**PROBLEM REQUIREMENTS**
Scan the records below for the line containing "-- A route that" and the line containing "(found : Match Child)". Copy both, plus every line between, exactly.

___ RECORDS FOR THE TASK

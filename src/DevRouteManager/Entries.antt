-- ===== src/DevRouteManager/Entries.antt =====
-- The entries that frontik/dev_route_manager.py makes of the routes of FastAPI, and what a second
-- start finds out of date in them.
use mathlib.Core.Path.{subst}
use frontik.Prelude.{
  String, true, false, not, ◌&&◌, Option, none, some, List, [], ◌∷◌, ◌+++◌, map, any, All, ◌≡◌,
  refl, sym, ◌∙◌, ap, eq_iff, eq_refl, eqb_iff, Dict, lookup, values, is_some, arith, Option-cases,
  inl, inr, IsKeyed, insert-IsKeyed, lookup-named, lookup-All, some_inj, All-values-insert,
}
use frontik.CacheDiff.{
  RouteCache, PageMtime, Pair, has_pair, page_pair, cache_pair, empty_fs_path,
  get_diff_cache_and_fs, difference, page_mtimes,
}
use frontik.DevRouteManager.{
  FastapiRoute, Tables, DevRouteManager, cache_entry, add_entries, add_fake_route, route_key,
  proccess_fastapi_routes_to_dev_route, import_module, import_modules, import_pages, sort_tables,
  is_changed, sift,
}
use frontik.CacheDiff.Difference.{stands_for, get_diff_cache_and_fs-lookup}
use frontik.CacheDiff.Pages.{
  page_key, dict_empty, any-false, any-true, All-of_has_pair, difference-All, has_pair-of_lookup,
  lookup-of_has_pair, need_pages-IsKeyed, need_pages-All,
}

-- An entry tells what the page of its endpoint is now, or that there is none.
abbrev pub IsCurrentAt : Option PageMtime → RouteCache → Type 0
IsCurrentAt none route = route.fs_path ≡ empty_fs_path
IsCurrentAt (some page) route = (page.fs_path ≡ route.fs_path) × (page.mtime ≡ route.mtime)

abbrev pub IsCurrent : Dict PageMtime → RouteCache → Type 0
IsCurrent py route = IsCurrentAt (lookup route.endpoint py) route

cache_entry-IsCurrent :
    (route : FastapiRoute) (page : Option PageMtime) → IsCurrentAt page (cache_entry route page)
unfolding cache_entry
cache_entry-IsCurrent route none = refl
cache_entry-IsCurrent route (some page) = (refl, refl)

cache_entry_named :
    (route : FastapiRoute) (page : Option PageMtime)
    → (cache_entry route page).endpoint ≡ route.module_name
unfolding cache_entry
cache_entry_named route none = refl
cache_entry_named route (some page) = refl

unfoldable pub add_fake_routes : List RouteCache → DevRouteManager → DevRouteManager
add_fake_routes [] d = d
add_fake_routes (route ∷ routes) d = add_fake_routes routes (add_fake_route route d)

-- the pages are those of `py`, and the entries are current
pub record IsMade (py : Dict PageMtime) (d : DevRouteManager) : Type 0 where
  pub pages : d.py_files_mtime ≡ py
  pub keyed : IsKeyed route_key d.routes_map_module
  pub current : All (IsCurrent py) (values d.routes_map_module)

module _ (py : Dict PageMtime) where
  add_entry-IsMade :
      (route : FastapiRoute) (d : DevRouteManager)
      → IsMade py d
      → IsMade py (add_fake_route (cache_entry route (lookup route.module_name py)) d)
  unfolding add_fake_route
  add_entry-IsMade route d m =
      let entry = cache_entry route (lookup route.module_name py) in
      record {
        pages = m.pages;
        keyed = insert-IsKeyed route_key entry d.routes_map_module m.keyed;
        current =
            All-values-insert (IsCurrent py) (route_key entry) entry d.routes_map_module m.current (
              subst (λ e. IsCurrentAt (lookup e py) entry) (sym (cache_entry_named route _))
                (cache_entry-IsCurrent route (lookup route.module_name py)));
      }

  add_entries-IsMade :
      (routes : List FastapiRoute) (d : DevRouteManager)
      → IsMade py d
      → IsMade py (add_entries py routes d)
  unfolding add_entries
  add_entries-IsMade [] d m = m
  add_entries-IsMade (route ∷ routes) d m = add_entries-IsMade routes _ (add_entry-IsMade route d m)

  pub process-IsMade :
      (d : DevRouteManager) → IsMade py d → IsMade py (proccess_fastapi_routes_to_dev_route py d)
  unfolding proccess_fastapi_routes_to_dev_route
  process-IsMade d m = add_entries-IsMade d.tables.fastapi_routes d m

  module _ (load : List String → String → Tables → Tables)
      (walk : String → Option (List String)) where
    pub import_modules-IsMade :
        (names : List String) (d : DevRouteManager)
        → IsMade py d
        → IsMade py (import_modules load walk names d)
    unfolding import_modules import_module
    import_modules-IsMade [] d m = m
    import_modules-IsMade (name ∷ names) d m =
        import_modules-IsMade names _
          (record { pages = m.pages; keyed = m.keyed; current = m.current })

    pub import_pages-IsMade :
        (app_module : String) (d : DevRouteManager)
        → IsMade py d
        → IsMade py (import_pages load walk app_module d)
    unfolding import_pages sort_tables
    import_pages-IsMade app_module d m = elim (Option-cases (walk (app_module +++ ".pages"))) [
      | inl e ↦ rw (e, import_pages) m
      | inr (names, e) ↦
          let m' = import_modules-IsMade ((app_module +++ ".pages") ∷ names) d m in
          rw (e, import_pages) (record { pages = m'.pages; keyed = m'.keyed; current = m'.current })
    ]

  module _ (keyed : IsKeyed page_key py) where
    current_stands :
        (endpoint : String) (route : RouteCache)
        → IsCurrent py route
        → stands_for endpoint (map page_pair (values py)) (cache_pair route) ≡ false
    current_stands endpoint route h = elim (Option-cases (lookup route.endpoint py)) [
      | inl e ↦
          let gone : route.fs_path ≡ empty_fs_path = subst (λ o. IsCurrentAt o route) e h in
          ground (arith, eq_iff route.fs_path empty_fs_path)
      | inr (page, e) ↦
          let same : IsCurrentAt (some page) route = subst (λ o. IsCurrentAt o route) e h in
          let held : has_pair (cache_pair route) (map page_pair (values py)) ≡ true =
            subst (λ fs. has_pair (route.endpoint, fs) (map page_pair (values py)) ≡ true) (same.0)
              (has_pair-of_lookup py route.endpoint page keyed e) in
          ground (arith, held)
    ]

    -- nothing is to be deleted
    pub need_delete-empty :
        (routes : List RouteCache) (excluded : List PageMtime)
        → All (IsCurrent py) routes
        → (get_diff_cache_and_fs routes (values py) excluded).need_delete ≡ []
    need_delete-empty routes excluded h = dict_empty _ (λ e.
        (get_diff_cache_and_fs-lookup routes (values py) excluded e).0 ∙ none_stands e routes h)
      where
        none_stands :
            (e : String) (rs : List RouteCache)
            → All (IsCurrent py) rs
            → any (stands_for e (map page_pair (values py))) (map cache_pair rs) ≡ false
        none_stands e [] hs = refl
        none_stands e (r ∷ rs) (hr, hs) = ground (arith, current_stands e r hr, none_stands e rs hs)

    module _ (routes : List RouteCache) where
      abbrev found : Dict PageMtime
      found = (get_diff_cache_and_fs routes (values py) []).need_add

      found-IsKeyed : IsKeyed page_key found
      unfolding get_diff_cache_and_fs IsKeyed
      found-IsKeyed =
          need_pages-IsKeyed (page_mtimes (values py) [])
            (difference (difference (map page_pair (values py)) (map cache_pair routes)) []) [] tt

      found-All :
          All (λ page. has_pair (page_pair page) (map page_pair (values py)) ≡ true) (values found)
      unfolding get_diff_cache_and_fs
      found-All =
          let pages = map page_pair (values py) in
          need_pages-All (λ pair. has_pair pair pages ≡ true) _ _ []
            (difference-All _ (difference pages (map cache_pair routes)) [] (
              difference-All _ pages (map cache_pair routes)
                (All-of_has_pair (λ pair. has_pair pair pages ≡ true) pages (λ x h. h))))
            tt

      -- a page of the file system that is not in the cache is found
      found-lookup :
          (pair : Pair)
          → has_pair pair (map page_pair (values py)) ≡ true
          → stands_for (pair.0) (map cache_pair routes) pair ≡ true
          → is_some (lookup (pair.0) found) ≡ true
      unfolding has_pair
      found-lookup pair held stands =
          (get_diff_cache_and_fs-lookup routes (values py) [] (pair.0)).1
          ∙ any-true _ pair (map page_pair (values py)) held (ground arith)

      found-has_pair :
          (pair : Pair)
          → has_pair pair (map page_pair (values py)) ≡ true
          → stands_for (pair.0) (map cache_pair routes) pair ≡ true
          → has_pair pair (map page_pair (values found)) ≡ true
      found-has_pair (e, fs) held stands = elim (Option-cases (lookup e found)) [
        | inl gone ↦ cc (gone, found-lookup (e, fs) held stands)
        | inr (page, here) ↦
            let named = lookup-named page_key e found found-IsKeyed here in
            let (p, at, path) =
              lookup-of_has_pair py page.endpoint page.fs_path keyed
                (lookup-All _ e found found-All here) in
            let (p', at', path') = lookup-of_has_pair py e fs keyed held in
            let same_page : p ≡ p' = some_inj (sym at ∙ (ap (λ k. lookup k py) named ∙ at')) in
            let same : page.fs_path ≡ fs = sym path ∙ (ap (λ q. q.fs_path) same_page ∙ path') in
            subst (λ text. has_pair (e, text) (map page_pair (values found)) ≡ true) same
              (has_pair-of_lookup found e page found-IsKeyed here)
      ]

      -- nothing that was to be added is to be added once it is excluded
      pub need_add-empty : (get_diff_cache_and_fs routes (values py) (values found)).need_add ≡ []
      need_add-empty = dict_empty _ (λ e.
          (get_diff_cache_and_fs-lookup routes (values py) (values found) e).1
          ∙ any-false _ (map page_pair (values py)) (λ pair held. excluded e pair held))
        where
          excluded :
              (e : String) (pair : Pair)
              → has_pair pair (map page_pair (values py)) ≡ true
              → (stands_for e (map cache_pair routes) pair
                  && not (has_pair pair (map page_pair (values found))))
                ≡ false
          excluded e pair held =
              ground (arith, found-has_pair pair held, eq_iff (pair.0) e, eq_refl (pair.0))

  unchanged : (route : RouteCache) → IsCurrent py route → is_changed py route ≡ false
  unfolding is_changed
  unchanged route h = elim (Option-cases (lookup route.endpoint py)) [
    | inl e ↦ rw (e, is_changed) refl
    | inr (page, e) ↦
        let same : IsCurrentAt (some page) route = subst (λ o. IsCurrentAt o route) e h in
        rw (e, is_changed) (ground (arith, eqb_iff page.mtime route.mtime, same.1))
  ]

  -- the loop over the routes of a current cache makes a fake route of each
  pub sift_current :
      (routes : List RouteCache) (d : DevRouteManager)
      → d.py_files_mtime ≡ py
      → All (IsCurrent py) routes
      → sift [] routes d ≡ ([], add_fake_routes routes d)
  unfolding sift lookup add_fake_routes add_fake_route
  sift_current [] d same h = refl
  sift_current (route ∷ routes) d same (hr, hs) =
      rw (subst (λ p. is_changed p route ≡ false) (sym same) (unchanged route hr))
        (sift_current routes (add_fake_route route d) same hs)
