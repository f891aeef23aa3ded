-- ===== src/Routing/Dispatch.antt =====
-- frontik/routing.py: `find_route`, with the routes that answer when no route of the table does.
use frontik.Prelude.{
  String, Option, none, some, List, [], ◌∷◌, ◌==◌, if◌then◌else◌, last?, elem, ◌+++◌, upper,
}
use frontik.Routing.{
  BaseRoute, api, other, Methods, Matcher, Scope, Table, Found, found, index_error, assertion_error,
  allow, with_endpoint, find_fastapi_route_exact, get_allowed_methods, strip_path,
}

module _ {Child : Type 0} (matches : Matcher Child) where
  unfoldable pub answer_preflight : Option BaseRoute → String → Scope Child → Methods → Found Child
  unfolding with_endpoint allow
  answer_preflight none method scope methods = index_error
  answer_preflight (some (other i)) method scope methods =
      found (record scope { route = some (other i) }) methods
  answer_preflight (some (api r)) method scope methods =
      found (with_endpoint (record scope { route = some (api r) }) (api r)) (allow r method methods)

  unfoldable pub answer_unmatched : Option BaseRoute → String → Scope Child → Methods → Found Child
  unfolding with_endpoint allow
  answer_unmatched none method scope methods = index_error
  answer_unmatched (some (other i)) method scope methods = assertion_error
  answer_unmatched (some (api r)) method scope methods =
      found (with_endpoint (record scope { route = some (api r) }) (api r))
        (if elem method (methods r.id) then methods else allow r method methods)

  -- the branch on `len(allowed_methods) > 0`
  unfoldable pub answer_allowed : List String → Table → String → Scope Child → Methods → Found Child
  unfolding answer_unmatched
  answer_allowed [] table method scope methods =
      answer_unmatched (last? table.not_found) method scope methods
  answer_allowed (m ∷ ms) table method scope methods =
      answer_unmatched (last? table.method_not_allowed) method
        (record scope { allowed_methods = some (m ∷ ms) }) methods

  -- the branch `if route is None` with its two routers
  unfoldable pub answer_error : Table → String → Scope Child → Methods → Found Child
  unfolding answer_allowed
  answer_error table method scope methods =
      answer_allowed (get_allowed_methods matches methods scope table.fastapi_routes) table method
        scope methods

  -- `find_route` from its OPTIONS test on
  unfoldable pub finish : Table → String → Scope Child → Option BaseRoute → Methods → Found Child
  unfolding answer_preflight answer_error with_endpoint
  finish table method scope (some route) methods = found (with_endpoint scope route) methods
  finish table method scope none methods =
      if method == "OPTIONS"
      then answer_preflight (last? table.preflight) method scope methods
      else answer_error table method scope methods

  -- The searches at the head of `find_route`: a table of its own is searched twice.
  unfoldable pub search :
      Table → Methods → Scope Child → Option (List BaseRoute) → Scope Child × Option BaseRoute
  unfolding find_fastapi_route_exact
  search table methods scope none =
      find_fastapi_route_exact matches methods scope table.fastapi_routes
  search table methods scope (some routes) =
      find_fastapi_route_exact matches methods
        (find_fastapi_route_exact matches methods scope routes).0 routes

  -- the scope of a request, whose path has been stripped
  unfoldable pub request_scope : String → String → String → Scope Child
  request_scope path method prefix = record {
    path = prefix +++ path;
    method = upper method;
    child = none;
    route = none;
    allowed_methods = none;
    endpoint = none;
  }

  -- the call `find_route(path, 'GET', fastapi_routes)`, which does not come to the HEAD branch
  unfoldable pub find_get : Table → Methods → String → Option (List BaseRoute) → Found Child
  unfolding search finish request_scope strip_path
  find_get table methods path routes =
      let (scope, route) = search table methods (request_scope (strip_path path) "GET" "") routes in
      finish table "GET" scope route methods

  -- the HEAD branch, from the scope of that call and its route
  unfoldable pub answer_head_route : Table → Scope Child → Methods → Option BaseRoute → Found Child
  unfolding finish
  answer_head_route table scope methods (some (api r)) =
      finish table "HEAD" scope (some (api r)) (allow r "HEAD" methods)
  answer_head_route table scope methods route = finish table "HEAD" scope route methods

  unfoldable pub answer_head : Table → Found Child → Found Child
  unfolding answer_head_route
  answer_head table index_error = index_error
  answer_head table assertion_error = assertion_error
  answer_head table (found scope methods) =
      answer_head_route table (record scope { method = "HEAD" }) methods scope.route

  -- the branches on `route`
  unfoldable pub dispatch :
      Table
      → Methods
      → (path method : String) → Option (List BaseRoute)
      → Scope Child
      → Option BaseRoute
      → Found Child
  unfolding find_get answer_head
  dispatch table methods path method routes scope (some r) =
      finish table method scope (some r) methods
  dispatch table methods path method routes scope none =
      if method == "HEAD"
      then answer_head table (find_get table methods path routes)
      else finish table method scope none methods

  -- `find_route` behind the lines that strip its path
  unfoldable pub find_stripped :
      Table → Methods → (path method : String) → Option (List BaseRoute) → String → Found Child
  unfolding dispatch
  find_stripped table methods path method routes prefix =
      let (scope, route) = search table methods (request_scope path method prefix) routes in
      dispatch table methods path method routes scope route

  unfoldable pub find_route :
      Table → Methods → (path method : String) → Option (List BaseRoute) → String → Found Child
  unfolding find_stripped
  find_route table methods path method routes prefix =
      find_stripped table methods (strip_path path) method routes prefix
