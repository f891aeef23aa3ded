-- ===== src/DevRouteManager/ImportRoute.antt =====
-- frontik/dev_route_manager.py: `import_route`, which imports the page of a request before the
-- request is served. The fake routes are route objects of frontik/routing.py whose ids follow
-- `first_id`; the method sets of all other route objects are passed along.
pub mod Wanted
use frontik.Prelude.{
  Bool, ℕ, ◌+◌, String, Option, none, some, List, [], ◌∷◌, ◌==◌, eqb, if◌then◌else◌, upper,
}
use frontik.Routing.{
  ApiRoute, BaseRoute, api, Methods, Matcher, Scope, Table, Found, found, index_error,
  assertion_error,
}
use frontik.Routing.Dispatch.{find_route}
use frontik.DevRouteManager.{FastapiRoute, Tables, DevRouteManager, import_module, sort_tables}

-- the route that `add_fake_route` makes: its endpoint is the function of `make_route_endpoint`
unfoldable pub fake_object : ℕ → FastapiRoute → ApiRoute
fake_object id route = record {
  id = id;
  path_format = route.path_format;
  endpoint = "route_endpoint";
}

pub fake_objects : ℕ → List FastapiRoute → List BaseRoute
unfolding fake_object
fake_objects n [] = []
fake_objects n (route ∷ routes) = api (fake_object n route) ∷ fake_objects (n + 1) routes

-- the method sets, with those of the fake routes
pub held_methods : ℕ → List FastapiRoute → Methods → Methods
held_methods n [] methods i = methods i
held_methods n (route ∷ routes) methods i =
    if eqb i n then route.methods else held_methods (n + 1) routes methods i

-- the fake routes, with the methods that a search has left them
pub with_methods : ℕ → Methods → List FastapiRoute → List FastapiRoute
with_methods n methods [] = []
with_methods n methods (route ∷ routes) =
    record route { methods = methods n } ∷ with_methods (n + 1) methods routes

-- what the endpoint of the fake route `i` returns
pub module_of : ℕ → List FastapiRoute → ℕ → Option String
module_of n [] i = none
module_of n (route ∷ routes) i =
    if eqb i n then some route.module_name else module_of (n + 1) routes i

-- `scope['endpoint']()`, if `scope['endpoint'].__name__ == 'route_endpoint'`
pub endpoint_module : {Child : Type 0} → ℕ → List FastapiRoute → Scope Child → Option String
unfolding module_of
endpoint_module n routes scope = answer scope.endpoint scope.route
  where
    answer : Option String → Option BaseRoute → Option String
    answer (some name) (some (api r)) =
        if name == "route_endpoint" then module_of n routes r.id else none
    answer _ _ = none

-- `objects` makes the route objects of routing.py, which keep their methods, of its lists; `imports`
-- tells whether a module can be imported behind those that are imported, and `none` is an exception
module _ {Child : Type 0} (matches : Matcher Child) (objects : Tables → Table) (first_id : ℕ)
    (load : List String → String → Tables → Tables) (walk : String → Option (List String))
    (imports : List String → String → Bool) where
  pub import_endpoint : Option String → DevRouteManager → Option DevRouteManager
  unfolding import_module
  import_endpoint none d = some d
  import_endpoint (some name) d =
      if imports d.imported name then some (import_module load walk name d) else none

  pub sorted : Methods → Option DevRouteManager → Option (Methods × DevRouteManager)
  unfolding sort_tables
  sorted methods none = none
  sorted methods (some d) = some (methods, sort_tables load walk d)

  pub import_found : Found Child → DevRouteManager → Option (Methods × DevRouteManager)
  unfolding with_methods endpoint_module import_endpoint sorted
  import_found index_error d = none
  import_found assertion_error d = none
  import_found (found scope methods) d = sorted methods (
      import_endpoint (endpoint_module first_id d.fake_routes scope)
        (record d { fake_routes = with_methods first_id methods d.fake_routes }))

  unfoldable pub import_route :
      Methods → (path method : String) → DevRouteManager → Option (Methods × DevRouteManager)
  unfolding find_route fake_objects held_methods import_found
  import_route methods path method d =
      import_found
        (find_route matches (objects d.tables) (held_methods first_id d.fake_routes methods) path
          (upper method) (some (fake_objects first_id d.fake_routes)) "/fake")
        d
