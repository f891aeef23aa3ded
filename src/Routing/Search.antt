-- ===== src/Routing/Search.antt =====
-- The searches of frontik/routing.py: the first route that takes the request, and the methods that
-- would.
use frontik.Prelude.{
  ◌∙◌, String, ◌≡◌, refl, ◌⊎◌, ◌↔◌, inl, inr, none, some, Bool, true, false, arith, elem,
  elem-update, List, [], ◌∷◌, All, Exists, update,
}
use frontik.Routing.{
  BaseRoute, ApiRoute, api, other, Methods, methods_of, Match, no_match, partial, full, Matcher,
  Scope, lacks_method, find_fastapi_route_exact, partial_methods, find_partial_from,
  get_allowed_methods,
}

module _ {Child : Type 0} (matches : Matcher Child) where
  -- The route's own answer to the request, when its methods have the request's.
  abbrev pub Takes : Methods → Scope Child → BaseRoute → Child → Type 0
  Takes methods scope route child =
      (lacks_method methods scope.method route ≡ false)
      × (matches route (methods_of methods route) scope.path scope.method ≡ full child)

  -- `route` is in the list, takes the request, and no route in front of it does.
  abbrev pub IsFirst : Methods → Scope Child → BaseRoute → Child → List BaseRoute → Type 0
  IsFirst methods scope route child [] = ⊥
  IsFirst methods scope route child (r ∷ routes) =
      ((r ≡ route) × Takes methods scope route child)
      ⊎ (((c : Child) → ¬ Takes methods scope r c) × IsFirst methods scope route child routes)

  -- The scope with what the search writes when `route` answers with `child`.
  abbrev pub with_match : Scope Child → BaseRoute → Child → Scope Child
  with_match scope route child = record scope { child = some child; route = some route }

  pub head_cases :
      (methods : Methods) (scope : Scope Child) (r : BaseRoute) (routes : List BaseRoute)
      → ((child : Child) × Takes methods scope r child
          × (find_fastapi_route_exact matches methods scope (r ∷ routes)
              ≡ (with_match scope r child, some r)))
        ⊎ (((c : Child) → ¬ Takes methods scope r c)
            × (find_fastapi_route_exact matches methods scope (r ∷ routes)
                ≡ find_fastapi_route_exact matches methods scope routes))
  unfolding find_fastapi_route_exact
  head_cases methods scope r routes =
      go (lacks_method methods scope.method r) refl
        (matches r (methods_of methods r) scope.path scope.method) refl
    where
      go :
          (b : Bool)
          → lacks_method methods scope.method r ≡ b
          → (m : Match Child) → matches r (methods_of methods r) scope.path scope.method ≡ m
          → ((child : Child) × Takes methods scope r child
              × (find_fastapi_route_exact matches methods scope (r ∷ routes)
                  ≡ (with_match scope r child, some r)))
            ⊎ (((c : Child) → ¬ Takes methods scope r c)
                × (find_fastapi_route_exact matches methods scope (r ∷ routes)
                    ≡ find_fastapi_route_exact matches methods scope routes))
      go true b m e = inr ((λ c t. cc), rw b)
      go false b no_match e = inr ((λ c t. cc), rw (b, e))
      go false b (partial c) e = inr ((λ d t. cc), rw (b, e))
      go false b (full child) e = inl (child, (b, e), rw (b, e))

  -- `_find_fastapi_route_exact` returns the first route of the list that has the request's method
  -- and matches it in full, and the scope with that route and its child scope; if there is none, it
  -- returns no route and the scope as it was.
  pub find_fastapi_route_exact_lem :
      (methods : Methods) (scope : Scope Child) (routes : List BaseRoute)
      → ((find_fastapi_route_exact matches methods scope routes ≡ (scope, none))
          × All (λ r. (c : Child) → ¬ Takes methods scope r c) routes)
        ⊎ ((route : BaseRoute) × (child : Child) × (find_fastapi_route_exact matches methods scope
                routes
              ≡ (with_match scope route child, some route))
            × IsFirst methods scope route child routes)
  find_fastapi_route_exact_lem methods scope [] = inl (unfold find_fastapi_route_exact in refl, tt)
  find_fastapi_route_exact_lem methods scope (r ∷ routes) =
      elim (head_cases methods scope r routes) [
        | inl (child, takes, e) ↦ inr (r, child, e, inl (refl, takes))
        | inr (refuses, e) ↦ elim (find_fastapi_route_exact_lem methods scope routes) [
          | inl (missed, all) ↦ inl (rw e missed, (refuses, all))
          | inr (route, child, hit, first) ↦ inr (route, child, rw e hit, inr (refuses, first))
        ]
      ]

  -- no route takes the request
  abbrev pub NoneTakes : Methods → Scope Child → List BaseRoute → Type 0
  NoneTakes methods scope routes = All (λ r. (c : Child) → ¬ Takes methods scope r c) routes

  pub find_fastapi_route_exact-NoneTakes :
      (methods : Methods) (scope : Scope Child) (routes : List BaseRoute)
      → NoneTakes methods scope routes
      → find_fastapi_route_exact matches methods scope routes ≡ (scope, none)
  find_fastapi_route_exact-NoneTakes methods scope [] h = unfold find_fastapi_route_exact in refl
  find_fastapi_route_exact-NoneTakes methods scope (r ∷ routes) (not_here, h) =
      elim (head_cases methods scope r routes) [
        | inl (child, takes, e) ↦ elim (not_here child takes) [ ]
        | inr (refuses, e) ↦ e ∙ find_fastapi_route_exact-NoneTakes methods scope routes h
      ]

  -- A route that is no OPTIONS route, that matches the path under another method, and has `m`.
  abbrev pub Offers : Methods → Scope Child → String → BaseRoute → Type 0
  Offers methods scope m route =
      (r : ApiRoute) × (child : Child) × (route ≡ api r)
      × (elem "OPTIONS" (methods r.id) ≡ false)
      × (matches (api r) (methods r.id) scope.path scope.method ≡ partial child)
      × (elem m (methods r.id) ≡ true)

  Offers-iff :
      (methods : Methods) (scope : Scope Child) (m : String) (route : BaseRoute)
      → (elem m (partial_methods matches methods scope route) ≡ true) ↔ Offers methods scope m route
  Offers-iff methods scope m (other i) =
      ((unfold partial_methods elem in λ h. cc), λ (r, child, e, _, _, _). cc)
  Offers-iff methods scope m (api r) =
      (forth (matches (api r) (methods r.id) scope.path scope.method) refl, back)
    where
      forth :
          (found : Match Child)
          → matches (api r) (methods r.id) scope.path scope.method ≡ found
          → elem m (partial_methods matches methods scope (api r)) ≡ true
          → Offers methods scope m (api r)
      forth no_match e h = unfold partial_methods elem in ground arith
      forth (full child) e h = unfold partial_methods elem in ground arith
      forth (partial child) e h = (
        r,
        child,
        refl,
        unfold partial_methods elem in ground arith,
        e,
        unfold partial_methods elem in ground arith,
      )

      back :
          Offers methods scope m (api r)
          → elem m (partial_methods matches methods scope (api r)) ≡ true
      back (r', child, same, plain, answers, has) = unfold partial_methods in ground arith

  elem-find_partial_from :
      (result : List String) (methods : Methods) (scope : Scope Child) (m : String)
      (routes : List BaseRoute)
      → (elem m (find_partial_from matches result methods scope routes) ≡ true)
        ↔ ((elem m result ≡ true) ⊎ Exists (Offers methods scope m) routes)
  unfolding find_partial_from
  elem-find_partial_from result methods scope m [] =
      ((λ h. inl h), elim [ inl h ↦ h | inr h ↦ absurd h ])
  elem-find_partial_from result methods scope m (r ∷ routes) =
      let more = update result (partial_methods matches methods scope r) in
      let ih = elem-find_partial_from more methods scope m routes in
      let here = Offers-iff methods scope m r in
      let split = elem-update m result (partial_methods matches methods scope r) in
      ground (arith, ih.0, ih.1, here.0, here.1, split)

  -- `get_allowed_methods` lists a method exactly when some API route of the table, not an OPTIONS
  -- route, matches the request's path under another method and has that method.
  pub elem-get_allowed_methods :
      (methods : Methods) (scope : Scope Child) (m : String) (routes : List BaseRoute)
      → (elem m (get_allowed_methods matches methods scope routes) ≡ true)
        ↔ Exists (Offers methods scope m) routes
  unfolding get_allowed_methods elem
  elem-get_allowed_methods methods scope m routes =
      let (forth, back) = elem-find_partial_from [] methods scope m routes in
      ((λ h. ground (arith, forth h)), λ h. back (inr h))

______

**SOLUTION TO THE PROBLEM**
  -- A route that is no OPTIONS route, that matches the path under another method, and has `m`.
  abbrev pub Offers : Methods → Scope Child → String → BaseRoute → Type 0
  Offers methods scope m route =
      (r : ApiRoute) × (child : Child) × (route ≡ api r)
      × (elem "OPTIONS" (methods r.id) ≡ false)
      × (matches (api r) (methods r.id) scope.path scope.method ≡ partial child)
      × (elem m (methods r.id) ≡ true)

  Offers-iff :
      (methods : Methods) (scope : Scope Child) (m : String) (route : BaseRoute)
      → (elem m (partial_methods matches methods scope route) ≡ true) ↔ Offers methods scope m route
  Offers-iff methods scope m (other i) =
      ((unfold partial_methods elem in λ h. cc), λ (r, child, e, _, _, _). cc)
  Offers-iff methods scope m (api r) =
      (forth (matches (api r) (methods r.id) scope.path scope.method) refl, back)
    where
      forth :
          (found : Match Child)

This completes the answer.